Speaker
Description
The design of the CLIC main beam injector complex linacs necessitates high-gradient, traveling-wave accelerating structures engineered to withstand substantial beam-loading effects due to the elevated beam current and demanding acceleration requirements of CLIC operations. In this work, we present a comprehensive design and optimization study of 2 GHz traveling-wave structures tailored to these stringent requirements. The electron and positron linacs accelerate the beams up to 2.8 GeV with a nominal bunch charge of 1 nC, followed by the booster linac, increasing the energy to 9 GeV with a nominal bunch charge of 0.83 nC. Each bunch train consists of 352 bunches, requiring careful management of beam dynamics and wakefield effects to ensure stable operation.
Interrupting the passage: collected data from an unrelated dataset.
-- ===== src/Sweep.antt =====
-- src/run_farm/sweep.py: the arms, the replicates and the grid of a campaign, expanded into legs.
--
-- The cells of the grid map names to values of any type; the text of a value and that of a replicate
-- are parameters, as `seed_fn` and `rid_fn` are.
use run_farm.Prelude.{
  String, Option, none, some, List, [], ◌∷◌, ◌++◌, map, Dict, lookup, ◌==◌, string_eq, concat, join,
  sorted, if◌then◌else◌,
}
pub mod Positions

-- `itertools.product` of three sequences: the last one advances first.
unfoldable pub flat_map : {A B : Type 0} → (A → List B) → List A → List B
flat_map f [] = []
flat_map f (x ∷ xs) = f x ++ flat_map f xs

unfoldable pub with_each : {A B C : Type 0} → List B → List C → A → List (A × B × C)
unfolding flat_map
with_each ys zs x = flat_map (λ y. map (λ z. (x, y, z)) zs) ys

unfoldable pub product : {A B C : Type 0} → List A → List B → List C → List (A × B × C)
unfolding with_each flat_map
product xs ys zs = flat_map (with_each ys zs) xs

pub record Leg (R S V : Type 0) : Type 0 where
  pub rid : String
  pub arm : String
  pub replicate : R
  pub seed : S
  pub cfg : Dict String V

-- f"{k}{cell[k]}"; the keys are those of the cell.
unfoldable pub part : {V : Type 0} → (V → String) → Dict String V → String → String
unfolding lookup concat
part text cell k = elim (lookup k cell) [ none ↦ k | some v ↦ concat (k ∷ text v ∷ []) ]

-- The names of legs without a `rid_fn`.
unfoldable pub default_rid :
    {R V : Type 0} → (R → String) → (V → String) → String → R → Dict String V → String
unfolding part join sorted concat
default_rid text_of_rep text arm rep cell =
    let tail = join "_" (map (part text cell) (sorted (map (λ kv. kv.0) cell))) in
    let name = concat (arm ∷ "_r" ∷ text_of_rep rep ∷ []) in
    if tail == "" then name else concat (name ∷ "_" ∷ tail ∷ [])

abbrev pub make_leg :
    {R S V : Type 0}
    → (String → R → Dict String V → S)
    → (String → R → Dict String V → String)
    → String × R × Dict String V
    → Leg R S V
make_leg seed_fn rid_fn (arm, rep, cell) = record {
  rid = rid_fn arm rep cell;
  arm = arm;
  replicate = rep;
  seed = seed_fn arm rep cell;
  cfg = cell;
}

-- `list(grid) if grid is not None else [{}]`
abbrev pub cells_of : {V : Type 0} → Option (List (Dict String V)) → List (Dict String V)
cells_of none = [] ∷ []
cells_of (some cells) = cells

abbrev pub rid_by : {F : Type 0} → F → Option F → F
rid_by f none = f
rid_by f (some g) = g

unfoldable pub legs :
    {R S V : Type 0}
    → (R → String)
    → (V → String)
    → List String
    → List R
    → Option (List (Dict String V))
    → (String → R → Dict String V → S)
    → Option (String → R → Dict String V → String)
    → List (Leg R S V)
unfolding product default_rid
legs text_of_rep text arms replicates grid seed_fn rid_fn =
    map (make_leg seed_fn (rid_by (default_rid text_of_rep text) rid_fn))
      (product arms replicates (cells_of grid))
Through detailed analytical modeling and extensive parameter sweeps, we optimized the accelerating structures’ iris geometry to enhance shunt impedance, regulate surface electric fields, and suppress long-range wakefields via detuning strategies, thereby minimizing undesired beam-cavity interactions. Given the high beam current, we analysed beam-loading effects and implemented compensation techniques to minimise bunch-to-bunch energy spread, supporting reliable, high-efficiency acceleration essential for CLIC operations. This study advances the development of high-performance accelerating structures operating with high beam current, crucial for achieving CLIC goals.